Audio version read by Rev. Steven Lane Taylor, B.Msc.
“Is It Love or Fantasy?”
St. Paul once commented that the greatest thing is love. He was expressing life’s greatest truism, for love is the most wonderful of all of life’s experiences. Indeed, even if a person had total wisdom, the conclusion derived from all that knowledge would be that of all things in life, love is the most important.
This is so, for in love we find the foremost of all Universal Truths—that there is but One Life in this Universe, and all manifestations are bonded or in union with the One Life that is God. Love is the experience of unity, and therefore, Universal Unity is Universal Love. This is why we can draw the conclusion, quite comfortably, that God is Love.

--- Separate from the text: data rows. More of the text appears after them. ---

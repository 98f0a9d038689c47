-- ===== src/Buffer/Returns.antt =====
-- What is known of a buffer where `append` returned.
use native.Mathlib.Decide.{dec_le}
use learnuv.Base.{◌+◌, ◌-◌, ◌≤◌, ◌≡◌, sym, subst, ◌∙◌, inl, inr, arith, Bytes, length, ok, ◌++◌}
use learnuv.Buffer.{Buffer, max_size, append}
use learnuv.Buffer.Inv.{IsValid, contents}
use learnuv.Buffer.Append.{append_too_long, append_aborts, IsAppendable, append_lem}

-- Where an append succeeds, it could.
pub append-IsAppendable :
    {b c : Buffer} (xs : Bytes)
    → IsValid b
    → length xs ≤ max_size
    → append b xs (length xs) ≡ ok c
    → IsAppendable b (length xs)
append-IsAppendable {b} xs v small e =
    elim (dec_le (b.writer_index + length xs) (length b.buffer)) [
      | yes fits ↦ inl fits
      | no over ↦ elim (dec_le (length xs) (length b.buffer - b.writer_index + b.reader_index)) [
        | yes moved ↦ absurd (ground (arith, append_aborts v xs (omega arith) moved))
        | no little ↦ elim (dec_le (b.writer_index + length xs) max_size) [
          | yes grows ↦ inr (omega arith, grows)
          | no more ↦
              absurd (ground (arith, append_too_long v xs (omega arith) (omega arith) small))
        ]
      ]
    ]

-- The buffer is then valid, with the bytes behind what it held.
abbrev pub Appended : Buffer → Bytes → Buffer → Type 0
Appended b xs c = IsValid c × (contents c ≡ contents b ++ xs) × (c.reader_index ≡ b.reader_index)

pub append-Appended :
    {b c : Buffer} (xs : Bytes)
    → IsValid b
    → length xs ≤ max_size
    → append b xs (length xs) ≡ ok c
    → Appended b xs c
append-Appended {b} {c} xs v small e =
    let (d, added, vd, holds, _, _, same) = append_lem xs v (append-IsAppendable xs v small e) in
    let result : ok d ≡ ok c = sym added ∙ e in
    let eq : d ≡ c = ground arith in subst (Appended b xs) eq (vd, holds, same)
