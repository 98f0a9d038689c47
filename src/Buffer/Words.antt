-- ===== src/Buffer/Words.antt =====
-- `writeUInt32`, `peekUInt32` and `readUInt32`: 32-bit integers in network byte order.
use learnuv.Base.{
  ℕ, ◌+◌, ◌^◌, ◌≤◌, ◌<◌, ◌≡◌, ap, ◌∙◌, [], ◌++◌, arith, length, drop, assertion, ok, fail, subst,
}
use learnuv.Base.Word.{
  be32, store32-htonl, be32_value, be32_value-be32, ntohl-load32, be32_value-take,
}
use learnuv.Buffer.{Buffer, peek, peek_uint32, retrieve_uint32, read_uint32, write_uint32, append}
use learnuv.Buffer.Inv.{IsValid, contents, readable_bytes-length}
use learnuv.Buffer.Append.{append_lem, IsAppendable}
use learnuv.Buffer.Returns.{Appended, append-Appended}
use learnuv.Buffer.Retrieve.{
  retrieved, retrieve_ok, retrieved-IsValid, contents-retrieved, take-peek,
}

-- `append` of the stored word, with room for it.
pub write_uint32_lem :
    {b : Buffer} (u : ℕ)
    → IsValid b
    → IsAppendable b 4
    → (c : Buffer) × (write_uint32 b u ≡ ok c)
      × IsValid c
      × (contents c ≡ contents b ++ be32 u)
      × (c.writer_index ≡ b.writer_index + 4)
      × (length b.buffer ≤ length c.buffer)
      × (c.reader_index ≡ b.reader_index)
unfolding write_uint32
write_uint32_lem u v h = rw store32-htonl (append_lem (be32 u) v h)

pub write_uint32-Appended :
    {b c : Buffer} (u : ℕ) → IsValid b → write_uint32 b u ≡ ok c → Appended b (be32 u) c
unfolding write_uint32
write_uint32-Appended {b} {c} u v e =
    append-Appended (be32 u) v (omega arith) (subst (λ x. append b x 4 ≡ ok c) (store32-htonl u) e)

pub peek_uint32_ok :
    {b : Buffer}
    → IsValid b
    → 4 ≤ length (contents b)
    → peek_uint32 b ≡ ok (be32_value (contents b))
unfolding peek_uint32
peek_uint32_ok {b} v h = ground (
  arith,
  readable_bytes-length v,
  ntohl-load32 (peek b),
  be32_value-take (peek b),
  be32_value-take (contents b),
  take-peek 4 v h,
)

-- On a valid buffer `readUInt32` returns the number that the oldest four bytes stand for in network
-- order and leaves the bytes behind them; with fewer than four bytes it fails its assertion.
pub read_uint32_lem :
    {b : Buffer}
    → IsValid b
    → (4 ≤ length (contents b)
        → (c : Buffer) × (read_uint32 b ≡ ok (be32_value (contents b), c))
          × IsValid c
          × (contents c ≡ drop 4 (contents b)))
      × (length (contents b) < 4 → read_uint32 b ≡ fail assertion)
unfolding read_uint32 retrieve_uint32 peek_uint32
read_uint32_lem {b} v = (
  (λ h. (
    retrieved b 4,
    ground (arith, retrieve_ok 4 v h, peek_uint32_ok v h),
    retrieved-IsValid 4 v,
    contents-retrieved b 4 h,
  )),
  λ h. ground (arith, readable_bytes-length v),
)

-- A 32-bit number written to an empty valid buffer with room for it is read back, and the buffer is
-- empty again.
pub read_uint32-write_uint32 :
    {b : Buffer} (u : ℕ)
    → IsValid b
    → contents b ≡ []
    → IsAppendable b 4
    → u < 2 ^ 32
    → (c d : Buffer) × (write_uint32 b u ≡ ok c) × (read_uint32 c ≡ ok (u, d)) × (contents d ≡ [])
read_uint32-write_uint32 u v e room small =
    let (c, wrote, vc, holds, _, _, _) = write_uint32_lem u v room in
    let holds' : contents c ≡ be32 u = holds ∙ ap (λ xs. xs ++ be32 u) e in
    let (d, red, vd, left) = (read_uint32_lem vc).0 (omega (arith, ap length holds')) in
    (
      c,
      d,
      wrote,
      red ∙ ap (λ n. ok (n, d)) (ap be32_value holds' ∙ be32_value-be32 u [] small),
      left ∙ ap (drop 4) holds',
    )
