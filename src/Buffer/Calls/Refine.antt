-- ===== src/Buffer/Calls/Refine.antt =====
-- The buffer as a queue of bytes: what a client sees of any sequence of calls.
use native.Mathlib.Decide.{dec_le}
use learnuv.Base.{
  ℕ, ◌+◌, ◌≤◌, ◌<◌, ◌≡◌, refl, sym, ap, ◌∙◌, ◌⊎◌, inl, inr, none, some, List, [], ◌∷◌, arith, Bytes,
  length, take, drop, assertion, ok, fail,
}
use learnuv.Base.Word.{be32_value}
use learnuv.Buffer.{
  Buffer, retrieve_all, retrieve_as_string, peek_uint32, retrieve_uint32, read_uint32,
}
use learnuv.Buffer.Inv.{IsValid, contents, readable_bytes-length}
use learnuv.Buffer.Append.{append_lem}
use learnuv.Buffer.Retrieve.{
  retrieved, retrieve_ok, retrieved-IsValid, contents-retrieved, retrieve_lem,
  retrieve_as_string_ok, retrieved_memory,
}
use learnuv.Buffer.Words.{write_uint32_lem, peek_uint32_ok}
use learnuv.Buffer.Calls.{
  Call, put, drop_front, clear, take_front, put_word, take_word, look_at_word, drop_word, Answer,
  done, text, word, call, calls, at_least, queue, queues, size, total_size,
}

-- A call that both sides answer in the same way, and after which there is room for `more` bytes; or
-- one that both refuse.
record IsAnswered (b : Buffer) (k : Call) (more : ℕ) : Type 0 where
  answer : Answer
  after : Buffer
  returns : call b k ≡ ok (answer, after)
  same : queue (contents b) k ≡ some (answer, contents after)
  valid : IsValid after
  room : after.writer_index + more ≤ length after.buffer

abbrev IsRefused : Buffer → Call → Type 0
IsRefused b k = (call b k ≡ fail assertion) × (queue (contents b) k ≡ none)

module _ (b : Buffer) (v : IsValid b) (more : ℕ) where
  put-IsAnswered :
      (x : Bytes) → b.writer_index + length x + more ≤ length b.buffer → IsAnswered b (put x) more
  unfolding call
  put-IsAnswered x room =
      let (c, added, vc, holds, at_end, grown, _) = append_lem x v (inl (omega arith)) in
      record {
        answer = done;
        after = c;
        returns = rw added refl;
        same = ap (λ q. some (done, q)) (sym holds);
        valid = vc;
        room = omega arith;
      }

  put_word-IsAnswered :
      (u : ℕ) → b.writer_index + 4 + more ≤ length b.buffer → IsAnswered b (put_word u) more
  unfolding call
  put_word-IsAnswered u room =
      let (c, added, vc, holds, at_end, grown, _) = write_uint32_lem u v (inl (omega arith)) in
      record {
        answer = done;
        after = c;
        returns = rw added refl;
        same = ap (λ q. some (done, q)) (sym holds);
        valid = vc;
        room = omega arith;
      }

  -- Where the first bytes are there, both give them.
  taken :
      (n : ℕ) (k : Call) (a : Answer)
      → b.writer_index + more ≤ length b.buffer
      → n ≤ length (contents b)
      → call b k ≡ ok (a, retrieved b n)
      → queue (contents b) k ≡ some (a, drop n (contents b))
      → IsAnswered b k more
  taken n k a room h e e' =
      let (memory, index) = retrieved_memory b n in
      record {
        answer = a;
        after = retrieved b n;
        returns = e;
        same = e' ∙ ap (λ q. some (a, q)) (sym (contents-retrieved b n h));
        valid = retrieved-IsValid n v;
        room = omega (arith, ap (length {A = ℕ}) memory);
      }

  enough :
      (n : ℕ) (a : Answer) (rest : Bytes)
      → n ≤ length (contents b)
      → at_least n (contents b) a rest ≡ some (a, rest)
  enough n a rest h = ground arith

  too_few :
      (n : ℕ) (a : Answer) (rest : Bytes)
      → length (contents b) < n
      → at_least n (contents b) a rest ≡ none
  too_few n a rest h = ground arith

  peek_uint32_fails : length (contents b) < 4 → peek_uint32 b ≡ fail assertion
  unfolding peek_uint32
  peek_uint32_fails h = ground (arith, readable_bytes-length v)

  retrieve_as_string_fails :
      (n : ℕ) → length (contents b) < n → retrieve_as_string b n ≡ fail assertion
  unfolding retrieve_as_string
  retrieve_as_string_fails n h = ground (arith, readable_bytes-length v)

  call-cases :
      (k : Call)
      → b.writer_index + size k + more ≤ length b.buffer
      → IsAnswered b k more ⊎ IsRefused b k
  unfolding call read_uint32 retrieve_uint32
  call-cases (put x) room = inl (put-IsAnswered x room)
  call-cases (put_word u) room = inl (put_word-IsAnswered u room)
  call-cases clear room = inl (record {
    answer = done;
    after = retrieve_all b;
    returns = refl;
    same = refl;
    valid = record { ordered = omega arith; inside = omega arith; small = v.small };
    room = omega arith;
  })
  call-cases (drop_front n) room = elim (dec_le n (length (contents b))) [
    | yes h ↦ inl (
        taken n (drop_front n) done (omega arith) h (rw (retrieve_ok n v h) refl)
          (enough n done (drop n (contents b)) h))
    | no h ↦ inr (
      rw ((retrieve_lem n v).1 (omega arith)) refl,
      too_few n done (drop n (contents b)) (omega arith),
    )
  ]
  call-cases (take_front n) room = elim (dec_le n (length (contents b))) [
    | yes h ↦ inl (
        taken n (take_front n) (text (take n (contents b))) (omega arith) h
          (rw (retrieve_as_string_ok n v h) refl)
          (enough n (text (take n (contents b))) (drop n (contents b)) h))
    | no h ↦ inr (
      rw (retrieve_as_string_fails n (omega arith)) refl,
      too_few n (text (take n (contents b))) (drop n (contents b)) (omega arith),
    )
  ]
  call-cases take_word room = elim (dec_le 4 (length (contents b))) [
    | yes h ↦ inl (
        taken 4 take_word (word (be32_value (contents b))) (omega arith) h
          (rw (peek_uint32_ok v h) (rw (retrieve_ok 4 v h) refl))
          (enough 4 (word (be32_value (contents b))) (drop 4 (contents b)) h))
    | no h ↦ inr (
      rw (peek_uint32_fails (omega arith)) refl,
      too_few 4 (word (be32_value (contents b))) (drop 4 (contents b)) (omega arith),
    )
  ]
  call-cases look_at_word room = elim (dec_le 4 (length (contents b))) [
    | yes h ↦ inl (record {
      answer = word (be32_value (contents b));
      after = b;
      returns = rw (peek_uint32_ok v h) refl;
      same = enough 4 (word (be32_value (contents b))) (contents b) h;
      valid = v;
      room = omega arith;
    })
    | no h ↦ inr (
      rw (peek_uint32_fails (omega arith)) refl,
      too_few 4 (word (be32_value (contents b))) (contents b) (omega arith),
    )
  ]
  call-cases drop_word room = elim (dec_le 4 (length (contents b))) [
    | yes h ↦ inl (
        taken 4 drop_word done (omega arith) h (rw (retrieve_ok 4 v h) refl)
          (enough 4 done (drop 4 (contents b)) h))
    | no h ↦ inr (
      rw ((retrieve_lem 4 v).1 (omega arith)) refl,
      too_few 4 done (drop 4 (contents b)) (omega arith),
    )
  ]

-- On a valid buffer that has room for all the bytes that the calls write, any sequence of the
-- methods does what it does on a queue of bytes: either both give the same answers, and the buffer
-- is valid and holds what the queue holds; or the queue has too few bytes for one of the calls, and
-- the buffer fails an assertion.
pub calls-queues :
    (b : Buffer) (ks : List Call)
    → IsValid b
    → b.writer_index + total_size ks ≤ length b.buffer
    → ((answers : List Answer) × (c : Buffer) × (calls b ks ≡ ok (answers, c))
        × (queues (contents b) ks ≡ some (answers, contents c))
        × IsValid c)
      ⊎ ((calls b ks ≡ fail assertion) × (queues (contents b) ks ≡ none))
unfolding calls queues
calls-queues b [] v room = inl ([], b, refl, refl, v)
calls-queues b (k ∷ ks) v room = elim (call-cases b v (total_size ks) k (omega arith)) [
  | inr (fails, refused) ↦ inr (rw fails refl, rw refused refl)
  | inl a ↦ elim (calls-queues a.after ks a.valid a.room) [
    | inl (answers, c, returns, same, vc) ↦
        inl (a.answer ∷ answers, c, rw a.returns (rw returns refl), rw a.same (rw same refl), vc)
    | inr (fails, refused) ↦ inr (rw a.returns (rw fails refl), rw a.same (rw refused refl))
  ]
]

This also tells us why there is such a need to experience love in human beings. It is because love ultimately is a manifestation of the Greatest Truth and Presence in the Universe. With such a natural, innate compulsion to experience love in one’s life, it is no wonder that in man and woman’s often frantic search to find love, errors in judgment are made.
Like the proverbial moth drawn to a flame, men and women—driven for the need to have love in their lives—often make the wrong choices, whether in marriage or in a significant other. Enormous numbers of broken hearts and broken marriages attest to this fact. For this reason, it is critical to know and be able to discern whether a current relationship or a prospective one is love or fantasy.
If one considers the number or percentage of failed relationships and marriages, it can be concluded that the majority of relationships or marriages are not based on love, but rather, on fantasy. Anything that is real is lasting. Anything that is not real cannot stand the test of time and will come to an end. If all of this is true—and of course it is—then whether in a relationship or contemplating one, every human being must honestly answer this question to themselves: “Is it love or is it fantasy?”
The correct answer to this question will allow a person to make the necessary judgments and decisions as to how to respond in a current or prospective relationship, particularly if they are intuitively open to God’s inner guidance.
If you are meditating daily and have truly turned your life over to God, then the correct realization of whether it is love or fantasy will come into your awareness. Remember that real love begins on a spiritual level. God knows which soul is right to join with yours. If it is real love, then it is God that has brought your soul and that of another together.
This may be the first time, but the likelihood is that your soul’s relationship with another soul has existed many times—perhaps throughout eternity. If this is truly the case, you and the other person will sense it; it is positive, universal, soulmate karma at work between the two of you. This does not mean there will never be problems between the two of you, for problems are challenges that are meant to stimulate further spiritual growth and the love you have for each other.
To correctly discern whether you are experiencing real love, as opposed to fantasy, consider this: Fantasy is based on need. Real love is not.
The needs of fantasy include, but are not limited to, sexual desire, financial security, emotional security, acceptance, position in life, power, or fame. In other words, fantasy is based on what you can get from the other person.
Real love, on the other hand, is based on what you can give the other person, because you love them so deeply you feel it in the very depths of your soul. Fantasy is based on fleeting superficialities, while real love is founded by God on lasting reality.
The more you meditate, and the more you turn your life over to God, the more sensitive and aware you will be spiritually. The more spiritually sensitive and aware you are, the more you can sense what is in another person’s soul.
If you find beauty and light there instead of darkness, and have an appreciation for what you have found, then the chances that you have found real love are enormously improved. If you are in love with the inner beauty you have found in the other person, and they are in love with the inner beauty they have found in you, the likelihood is that it is real love and not fantasy. If this is a shared beauty, this is the basis for a lasting love—a love that will last beyond physical life and through all eternity.
Of course, the most wonderful sharing you can have with another person is the sharing of God. As described earlier, God is the very essence of Love. Real love is being able to share that Divine Love by first opening your heart to God, and then opening it to another person’s heart, which is occupied by God.
Finally, to even more clearly define whether it is love or fantasy in your mind, ask yourself this: “Who is my best friend?” If you can unequivocally answer that the other person is your best friend—and the best friend you’ve ever had—the chances are very favorable that you are experiencing real love rather than fantasy.
Being best friends means you are on the same mental and spiritual wavelength, where you are so in tune with each other you can almost finish each other’s sentences or thoughts. With your best friend there is a trusting freedom to think and be yourself. And things you would say to no one else, you would say to them.
That kind of trust is a spiritual trust. It is a sacred trust between two hearts, both containing God’s Presence. And that kind of trust is a true sign of real love.
Dr. Paul Leon Masters
Reference:
Text taken from Dr. Paul Leon Masters’ “The Theocentric Way of Life,” Volume 4: Module 34.